Originally Posted by

**rcgldr**
I never made any claims about O(1).

Oh, I just thought that was the point of contention here.

Is this similar to the implementation you're thinking about for linked lists? (This is the C board, not the C++ one, so please don't use C++ here.)

Code:

typedef struct list_st list_t;
struct list_st {
list_t *next;
double key;
};
/* How many parallel lists to maintain.
*/
#define RANKS 30
/* Merge two lists, return root of new list.
*/
static list_t *merge(list_t *left, list_t *right)
{
list_t *root = (list_t *)0, *curr;
if (!left)
return right;
if (!right)
return left;
if (left->key <= right->key) {
curr = root = left;
left = left->next;
} else {
curr = root = right;
right = right->next;
}
while (left && right)
if (left->key <= right->key) {
curr->next = left;
curr = left;
left = left->next;
} else {
curr->next = right;
curr = right;
right = right->next;
}
if (left)
curr->next = left;
else
if (right)
curr->next = right;
else
curr->next = (list_t *)0;
return root;
}
/* Nonrecursive fixed-memory merge sort.
* Returns the root of the sorted list.
*/
list_t *sort(list_t *list)
{
list_t *rank[RANKS] = { (list_t *)0 }; /* All zeros per C rules. */
list_t *curr;
int i;
if (!list)
return (list_t *)0;
while (list) {
curr = list;
list = list->next;
curr->next = (list_t *)0;
if (rank[0]) {
curr = merge(curr, rank[0]);
for (i = 1; i < (int)RANKS - 1 && rank[i]; i++) {
curr = merge(curr, rank[i]);
rank[i-1] = (list_t *)0;
}
rank[i-1] = (list_t *)0;
rank[i] = curr;
} else
rank[0] = curr;
}
/* Find longest existing list. */
i = RANKS - 1;
while (i > 0 && !rank[i])
i--;
/* Merge down. */
for (; i > 0; i--)
rank[i-1] = merge(rank[i-1], rank[i]);
/* Done. */
return rank[0];
}

Having a smaller *RANKS* will not limit the input list length, only a slow down when the input list length exceeds 2^{RANKS} elements.

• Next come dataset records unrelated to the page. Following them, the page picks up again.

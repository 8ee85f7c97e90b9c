-- ===== src/Reactor/Goroutines/Inv.antt =====
-- Which states of the consumer, the publisher and `Run` go together.
use go_uring.Base.{ℕ, ◌≡◌, refl, Bool, true, false, not, ◌&&◌, arith}
use go_uring.Reactor.Goroutines.{
  Consumer, Publisher, Loop, loop, Step, Reach, start, later, running, sending_consumer,
  awaiting_consumer, sending_publisher, awaiting_publisher, finished, signal,
}

-- The goroutine has not received its stop signal, or it has returned.
abbrev pub consumer_lives : Consumer → Bool
consumer_lives Consumer.closing = false
consumer_lives Consumer.returned = false
consumer_lives c = true

abbrev pub consumer_left : Consumer → Bool
consumer_left Consumer.returned = true
consumer_left c = false

abbrev pub publisher_lives : Publisher → Bool
publisher_lives Publisher.closing = false
publisher_lives Publisher.returned = false
publisher_lives p = true

abbrev pub publisher_left : Publisher → Bool
publisher_left Publisher.returned = true
publisher_left p = false

abbrev pub fits : Loop → Bool
fits (loop c p running) = consumer_lives c && publisher_lives p
fits (loop c p sending_consumer) = consumer_lives c && publisher_lives p
fits (loop c p awaiting_consumer) = not (consumer_lives c) && publisher_lives p
fits (loop c p sending_publisher) = consumer_left c && publisher_lives p
fits (loop c p awaiting_publisher) = consumer_left c && not (publisher_lives p)
fits (loop c p finished) = consumer_left c && publisher_left p

module _ (again : Bool) where
  pub Step-fits : {q : ℕ} {l m : Loop} → Step again q l m → fits l ≡ true → fits m ≡ true
  Step-fits (signal {s}) h = ground arith
  Step-fits st h = ground arith

  pub Reach-fits : {l : Loop} → Reach again l → fits l ≡ true
  Reach-fits start = refl
  Reach-fits (later r st) = Step-fits st (Reach-fits r)
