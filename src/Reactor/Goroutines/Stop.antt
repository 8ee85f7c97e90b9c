-- ===== src/Reactor/Goroutines/Stop.antt =====
-- No goroutine sends on a closed channel, and `Run` comes to its end.
use go_uring.Base.{ℕ, suc, ◌+◌, ◌*◌, ◌≤◌, ◌≡◌, ◌≢◌, ◌⊎◌, inl, inr, refl, Bool, true, arith}
use go_uring.Reactor.Goroutines.{
  Consumer, Publisher, Stopper, Loop, loop, stopper_of, Step, Run, done, next, Reach, signalling,
  waiting, signalling_again, delivering, checking, selecting, working, running, sending_consumer,
  awaiting_consumer, sending_publisher, awaiting_publisher, finished, signal, nothing_ready,
  signal_again, delivered, go_on, stop_consumer, consumer_returns, worked, stop_publisher,
  publisher_returns, consumer_awaited, publisher_awaited,
}
use go_uring.Reactor.Goroutines.Inv.{fits, Step-fits, Reach-fits}

-- What is left to do, at most.
abbrev pub consumer_steps : Consumer → ℕ
consumer_steps signalling = 12
consumer_steps waiting = 10
consumer_steps signalling_again = 8
consumer_steps delivering = 6
consumer_steps checking = 4
consumer_steps Consumer.closing = 2
consumer_steps Consumer.returned = 0

abbrev pub publisher_steps : Publisher → ℕ
publisher_steps working = 3
publisher_steps selecting = 2
publisher_steps Publisher.closing = 1
publisher_steps Publisher.returned = 0

abbrev pub stopper_steps : Stopper → ℕ
stopper_steps running = 5
stopper_steps sending_consumer = 4
stopper_steps awaiting_consumer = 3
stopper_steps sending_publisher = 2
stopper_steps awaiting_publisher = 1
stopper_steps finished = 0

abbrev pub steps_left : Loop → ℕ
steps_left (loop c p s) = consumer_steps c + publisher_steps p + stopper_steps s

steps_left_le : (l : Loop) → stopper_of l ≢ running → steps_left l ≤ 19
steps_left_le (loop c p s) h = ground arith

module _ (again : Bool) where
  Step-stopping :
      {q : ℕ} {l m : Loop} → Step again q l m → stopper_of l ≢ running → stopper_of m ≢ running
  Step-stopping (signal {s}) h = h
  Step-stopping (stop_consumer {p}) h = ground arith
  Step-stopping st h = ground arith

  -- Every step but the receipt of a request brings the end nearer.
  Step-steps_left :
      {q : ℕ} {l m : Loop}
      → Step again q l m
      → fits l ≡ true
      → stopper_of l ≢ running
      → suc (steps_left m) ≤ steps_left l + 2 * q
  Step-steps_left (signal {s}) f h = omega arith
  Step-steps_left (go_on {p} {s = sending_consumer} e) f h = absurd (e refl)
  Step-steps_left (go_on {p} {s} e) f h = ground arith
  Step-steps_left st f h = ground arith

  Run-steps_left :
      {n r : ℕ} {l m : Loop}
      → Run again n r l m
      → fits l ≡ true
      → stopper_of l ≢ running
      → n + steps_left m ≤ steps_left l + 2 * r
  Run-steps_left done f h = omega arith
  Run-steps_left (next st run) f h = omega (
    arith,
    Step-steps_left st f h,
    Run-steps_left run (Step-fits again st f) (Step-stopping st h),
  )

  Run-keeps :
      {n r : ℕ} {l m : Loop}
      → Run again n r l m
      → fits l ≡ true
      → stopper_of l ≢ running
      → (fits m ≡ true) × (stopper_of m ≢ running)
  Run-keeps done f h = (f, h)
  Run-keeps (next st run) f h = Run-keeps run (Step-fits again st f) (Step-stopping st h)

  -- A step that takes no request.
  abbrev Moves : Loop → Type 0
  Moves l = (m : Loop) × Step again 0 l m

  step_or_end :
      (l : Loop) → fits l ≡ true → stopper_of l ≢ running → (stopper_of l ≡ finished) ⊎ Moves l
  step_or_end (loop c p finished) f h = inl refl
  step_or_end (loop c p running) f h = absurd (h refl)
  step_or_end (loop c working s) f h = inr (_, worked)
  step_or_end (loop c Publisher.closing s) f h = inr (_, publisher_returns)
  step_or_end (loop Consumer.closing p s) f h = inr (_, consumer_returns)
  step_or_end (loop waiting p s) f h = inr (_, nothing_ready)
  step_or_end (loop delivering p s) f h = inr (_, delivered)
  step_or_end (loop signalling selecting s) f h = inr (_, signal)
  step_or_end (loop signalling_again selecting s) f h = inr (_, signal_again)
  step_or_end (loop checking p sending_consumer) f h = inr (_, stop_consumer)
  step_or_end (loop Consumer.returned p awaiting_consumer) f h = inr (_, consumer_awaited)
  step_or_end (loop Consumer.returned selecting sending_publisher) f h = inr (_, stop_publisher)
  step_or_end (loop Consumer.returned Publisher.returned awaiting_publisher) f h =
      inr (_, publisher_awaited)
  step_or_end l f h = cc

  -- Once the context is done, `Run` stops the loop: in every state that can be reached it has
  -- finished or some step is possible that takes no request, and a run of `n` steps from there, of
  -- which `r` take a request, has `n ≤ 19 + 2 * r`. So it comes to its end as long as the publisher
  -- is not given requests for ever.
  pub run_ends :
      {l m : Loop} {n r : ℕ}
      → Reach again l
      → stopper_of l ≢ running
      → Run again n r l m
      → ((stopper_of m ≡ finished) ⊎ ((k : Loop) × Step again 0 m k)) × (n ≤ 19 + 2 * r)
  run_ends {l} {m} {n} {r} reach stopping run =
      let fit = Reach-fits again reach in
      let kept = Run-keeps run fit stopping in
      (
        step_or_end m kept.0 kept.1,
        omega (arith, Run-steps_left run fit stopping, steps_left_le l stopping),
      )

  -- While the consumer can still send a submit signal or the publisher can receive one, the channel
  -- of the signals is open: the publisher, which closes it, returns after the consumer.
  pub closed_after_consumer :
      {c : Consumer} {p : Publisher} {s : Stopper}
      → Reach again (loop c p s)
      → p ≡ Publisher.returned
      → c ≡ Consumer.returned
  closed_after_consumer {c} {p} {s} reach left = ground (arith, Reach-fits again reach)
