-- ===== src/Reactor/Goroutines/Tests.antt =====
-- A run of the network reactor's goroutines to the end of `Run`.
use go_uring.Base.{◌+◌, ◌*◌, ◌≤◌, ◌≡◌, ◌⊎◌, refl, true}
use go_uring.Reactor.Goroutines.{
  Consumer, Publisher, Stopper, Loop, loop, Step, Run, done, next, Reach, start, later, selecting,
  signalling, working, sending_consumer, finished, signal, nothing_ready, stop_consumer,
  consumer_returns, request, worked, stop_publisher, publisher_returns, context_done,
  consumer_awaited,
}
use go_uring.Reactor.Goroutines.Stop.{run_ends, closed_after_consumer}

-- The context is done while the consumer is about to send its signal.
stopping : Reach true (loop signalling selecting sending_consumer)
stopping = later start context_done

-- A request comes in between; the consumer finds nothing and the stop signal.
to_check :
    Run true 5 1
      (loop signalling selecting sending_consumer)
      (loop Consumer.closing working Stopper.awaiting_consumer)
to_check = next request (next worked (next signal (next nothing_ready (next stop_consumer done))))

run_ends_example :
    (◌≡◌ {A = Stopper} Stopper.awaiting_consumer finished
      ⊎ ((k : Loop) × Step true 0 (loop Consumer.closing working Stopper.awaiting_consumer) k))
    × (5 ≤ 19 + 2 * 1)
run_ends_example = run_ends true stopping (λ e. cc) to_check

publisher_left : Reach true (loop Consumer.returned Publisher.returned Stopper.awaiting_publisher)
publisher_left =
    later
      (later
        (later
          (later (later (later (later (later stopping signal) worked) nothing_ready) stop_consumer)
            consumer_returns)
          consumer_awaited)
        stop_publisher)
      publisher_returns

closed_after_consumer_example : Consumer.returned ≡ Consumer.returned
closed_after_consumer_example = closed_after_consumer true publisher_left refl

Since each node must have a pointer at least, it makes no sense to use *RANKS* greater than 30 for 32-bit architectures, or 61 for 64-bit architectures.

Technically, the *rank* array contains sublists of doubling lengths. The length of the original list is not needed nor useful. Recursion is replaced by the usage of the *rank* array.

The list is chopped up into one-element-long sublists, and merged into exponentially longer lists as needed.

I can see the performance benefit compared to a typical top-down approach: this avoids the traversal of the original list to find the node at which to split, because *every* node is split from the original list. The work done to merge the sublists is the same in both cases.

One can also split the original list on input into fixed-length sorted sublists, and stick those into *rank*[0] instead. That seems to help with shorter lists.

Longer lists seem to be memory access limited (poor cache locality); sorting a temporary array (containing the key and the pointer to the actual node) and rechaining the nodes using the temporary array should yield much better cache locality, and therefore faster run times -- but I have not verified this.